There will always be people who will be annoying, just like there will always be flowers that will emit a foul smell, but it is just an element of the picture, and there is nothing wrong with it.
I don't know why, but the elements of the picture are presented like this, and I can't do anything about it.
It's just that I don't like it, it's like a piece of shit in front of me, and any master saint won't lick it twice.
None of this is real, but I didn't fight against it, I just surrendered and just accepted fate, because the picture elements have been presented, what else is there to say.
When the character dies, life will be shattered, time can't affect the truth, it's all just this moment.
There's nothing to catch, the tension of "life can't be broken, I have to master life" is just an inexplicable picture element.
It's hard to let go, and the word itself is misleading, as if it's just "letting go" rather than "giving up", as if you're still becoming a better version of yourself.
.
It's to give up, it's to destroy, whether it's a character or a life, everything will burn, and then nothing will be left.
Plunged headlong into the black reality, I don't care about the unreal stuff.

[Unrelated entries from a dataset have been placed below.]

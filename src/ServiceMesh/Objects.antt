-- ===== src/ServiceMesh/Objects.antt =====
-- The objects of `reconcileServiceMesh`.
use workshop_operator.Prelude.{
  ◌≡◌, refl, ℕ, String, Bool, true, false, List, [], ◌∷◌, ◌⊎◌, inl, inr,
}
use workshop_operator.Kube.Object.{
  Object, Ref, namespace, role, role_binding, service_mesh_control_plane, service_mesh_member_roll,
  ref,
}
use workshop_operator.Kube.Env.{Env}
use workshop_operator.Kube.Flow.{Code, Return, next, success, requeued, is_requeued, ◌>>◌}
use workshop_operator.Kube.Errors.{requeue_fails}
use workshop_operator.Kube.Lawful.{IsLawful}
use workshop_operator.Kube.Meets.{Meets-propagate}
use workshop_operator.Kube.Installs.{
  AllPresent, Installs, InstallsCall, InstallsCall-function, Installs-pure, Installs-bind,
  Installs-create, Installs-call, Installs-last, Installs-weaken,
}
use workshop_operator.Kube.Merge.Objects.{Installs-merge}
use workshop_operator.Kube.Same.{subjects_change, subjects-kind}
use workshop_operator.Kube.Watch.Answer.{Installs-wait}
use workshop_operator.Build.Base.{Workshop}
use workshop_operator.Build.Cluster.{new_namespace, new_role_binding_users}
use workshop_operator.Build.Roles.{new_role}
use workshop_operator.Build.Subscriptions.{new_red_hat_subscription}
use workshop_operator.Build.Mesh.{
  new_service_mesh_control_plane_cr, new_service_mesh_member_roll_cr,
  elasticsearch_subscription_name,
}
use workshop_operator.InstallPlan.{subscription_ref}
use workshop_operator.CertManager.Objects.{approve-Installs, requeue-Installs}
use workshop_operator.ServiceMesh.{
  istio_ref, istio_namespace_ref, members_change, subscribe, add_elastic_search_operator,
  add_jaeger_operator, add_kiali_operator, add_service_mesh, add_operators, add_if_enabled,
  reconcile_service_mesh,
}

abbrev pub red_hat_namespace_ref : Ref
red_hat_namespace_ref = record {
  kind = namespace;
  namespace_name = "";
  name = "openshift-operators-redhat";
}

-- The subscription of Elasticsearch is named after its channel.
abbrev pub service_mesh_refs : Workshop → List Ref
service_mesh_refs ws =
    red_hat_namespace_ref
    ∷ subscription_ref (elasticsearch_subscription_name ws) "openshift-operators-redhat"
    ∷ subscription_ref "jaeger-product" "openshift-operators"
    ∷ subscription_ref "kiali-ossm" "openshift-operators"
    ∷ subscription_ref "servicemeshoperator" "openshift-operators"
    ∷ istio_namespace_ref
    ∷ istio_ref role "jaeger-user"
    ∷ istio_ref role_binding "jaeger-users"
    ∷ istio_ref role_binding "mesh-users"
    ∷ istio_ref service_mesh_control_plane "basic"
    ∷ istio_ref service_mesh_member_roll "default"
    ∷ []

module _ (env : Env) (law : IsLawful env) where
  open env use {World}

  Installs-subscribe :
      {B : Type 0} {l : List Ref} (o : Object) (version name namespace_name : String)
      (n : Code World B)
      → Installs env law is_requeued n l
      → Installs env law is_requeued (subscribe env o version name namespace_name >> n) (ref o ∷ l)
  unfolding subscribe
  Installs-subscribe {l} o version name namespace_name n i =
      Installs-bind env law is_requeued {l = ref o ∷ []} {k = l} _ _
        (Installs-create env law is_requeued requeue_fails _ _ (
          Installs-bind env law is_requeued {l = []} _ _ (approve-Installs env law _ _ _)
            (requeue-Installs env law)))
        (λ _. i)

  module _ (ws : Workshop) where
    elastic_search-Installs :
        InstallsCall env law is_requeued (add_elastic_search_operator env ws) (
          red_hat_namespace_ref
          ∷ subscription_ref (elasticsearch_subscription_name ws) "openshift-operators-redhat"
          ∷ [])
    unfolding add_elastic_search_operator new_red_hat_subscription new_namespace
    elastic_search-Installs = InstallsCall-function env law is_requeued _ (
        Installs-create env law is_requeued requeue_fails _ _
          (Installs-subscribe _ _ _ _ _ (Installs-pure env law is_requeued success)))

    jaeger-Installs :
        InstallsCall env law is_requeued
          (add_jaeger_operator env ws)
          (subscription_ref "jaeger-product" "openshift-operators" ∷ [])
    unfolding add_jaeger_operator new_red_hat_subscription
    jaeger-Installs =
        InstallsCall-function env law is_requeued _
          (Installs-subscribe _ _ _ _ _ (Installs-pure env law is_requeued success))

    kiali-Installs :
        InstallsCall env law is_requeued
          (add_kiali_operator env ws)
          (subscription_ref "kiali-ossm" "openshift-operators" ∷ [])
    unfolding add_kiali_operator new_red_hat_subscription
    kiali-Installs =
        InstallsCall-function env law is_requeued _
          (Installs-subscribe _ _ _ _ _ (Installs-pure env law is_requeued success))

    mesh-Installs :
        (users : ℕ)
        → InstallsCall env law is_requeued (add_service_mesh env ws users) (
            subscription_ref "servicemeshoperator" "openshift-operators"
            ∷ istio_namespace_ref
            ∷ istio_ref role "jaeger-user"
            ∷ istio_ref role_binding "jaeger-users"
            ∷ istio_ref role_binding "mesh-users"
            ∷ istio_ref service_mesh_control_plane "basic"
            ∷ istio_ref service_mesh_member_roll "default"
            ∷ [])
    unfolding add_service_mesh new_red_hat_subscription new_namespace new_role
        new_role_binding_users new_service_mesh_control_plane_cr new_service_mesh_member_roll_cr
        members_change subjects_change is_requeued
    mesh-Installs users = InstallsCall-function env law is_requeued _ (
        Installs-subscribe _ _ _ _ _ (
          Installs-wait env _ _ law is_requeued requeued refl _ (
            Installs-create env law is_requeued requeue_fails _ _ (
              Installs-create env law is_requeued requeue_fails _ _ (
                Installs-merge env law is_requeued requeue_fails _ _ (subjects-kind _) _ _ (
                  Installs-create env law is_requeued requeue_fails _ _ (
                    Installs-create env law is_requeued requeue_fails _ _ (
                      Installs-merge env law is_requeued requeue_fails _ _ (λ s h. cc) _ _
                        (Installs-pure env law is_requeued success)))))))))

    operators-Installs :
        (users : ℕ)
        → Installs env law is_requeued (add_operators env ws users) (service_mesh_refs ws)
    unfolding add_operators
    operators-Installs users =
        Installs-call env law is_requeued is_requeued _ _ (λ r e. e) elastic_search-Installs
          (Installs-call env law is_requeued is_requeued _ _ (λ r e. e) jaeger-Installs
            (Installs-call env law is_requeued is_requeued _ _ (λ r e. e) kiali-Installs
              (record { meets = Meets-propagate _ (mesh-Installs users).meets (λ r h. h) })))

    enabled-Installs :
        (users : ℕ) (mesh serverless : Bool)
        → (mesh ≡ true) ⊎ (serverless ≡ true)
        → Installs env law is_requeued
            (add_if_enabled env ws users mesh serverless)
            (service_mesh_refs ws)
    unfolding add_if_enabled
    enabled-Installs users false false (inl h) = cc
    enabled-Installs users false false (inr h) = cc
    enabled-Installs users false true h = operators-Installs users
    enabled-Installs users true serverless h = operators-Installs users

    -- In a lawful cluster, with the service mesh or serverless enabled, a run of
    -- `reconcileServiceMesh` that is not requeued leaves the subscriptions of the four operators,
    -- the two namespaces, the role and the two role bindings of the mesh, its control plane and its
    -- member roll.
    pub reconcile_service_mesh-AllPresent :
        (users : ℕ) (w : World) (r : Return)
        → (ws.spec.infrastructure.service_mesh.enabled ≡ true)
          ⊎ (ws.spec.infrastructure.serverless.enabled ≡ true)
        → (reconcile_service_mesh env ws users w).0 ≡ next r
        → is_requeued r ≡ false
        → AllPresent env law (reconcile_service_mesh env ws users w).1 (service_mesh_refs ws)
    unfolding reconcile_service_mesh
    reconcile_service_mesh-AllPresent users w r on e n =
        (InstallsCall-function env law is_requeued _ (
            Installs-last env law is_requeued _ success (enabled-Installs users _ _ on))).meets.done
          w r e n

    any-Installs :
        (users : ℕ) (mesh serverless : Bool)
        → Installs env law is_requeued (add_if_enabled env ws users mesh serverless) []
    unfolding add_if_enabled
    any-Installs users false false = Installs-pure env law is_requeued tt
    any-Installs users false true = Installs-weaken env law is_requeued _ (operators-Installs users)
    any-Installs users true serverless =
        Installs-weaken env law is_requeued _ (operators-Installs users)

    -- In a lawful cluster, whatever is enabled and however the run ends, with success, a requeue, an
    -- error or a panic, `reconcileServiceMesh` takes away no object: one that is there before the
    -- run is there after it.
    pub reconcile_service_mesh-keeps :
        (users : ℕ) (w : World) (r : Ref)
        → law.present w r ≡ true
        → law.present (reconcile_service_mesh env ws users w).1 r ≡ true
    unfolding reconcile_service_mesh
    reconcile_service_mesh-keeps users w r h =
        (InstallsCall-function env law is_requeued _
            (Installs-last env law is_requeued _ success (any-Installs users _ _))).meets.keeps
          w r h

Die, those plans, those plans for the future, will only appear to be humble in their knowledge, and even their imagination is narrow.
Those fearful contents, over and over again, are just stuff, I really don't understand how I managed to hold on to the falsehood for so many years.
Of course, it is all the presentation of picture elements, and there is no causal relationship.
The character dies. Whatever happens is allowed, and there is nothing in the way of what the picture elements want to present.
Even, presenting the scene where the mind does not agree with the scene, and the mind resists the scene, these are also common picture elements.
Therefore, it is not "I think I am the character of Yuan Changwen", but the picture elements directly present this thinking.
Powerlessness, complete powerlessness.
It seems that this renunciation is perceived as negativity, a decadence of life.
But where does this belief itself come from?
Is the criterion itself true?
It's all, and the fear is a drag show standing behind it.
:。 :
"Bookmark for easy reading"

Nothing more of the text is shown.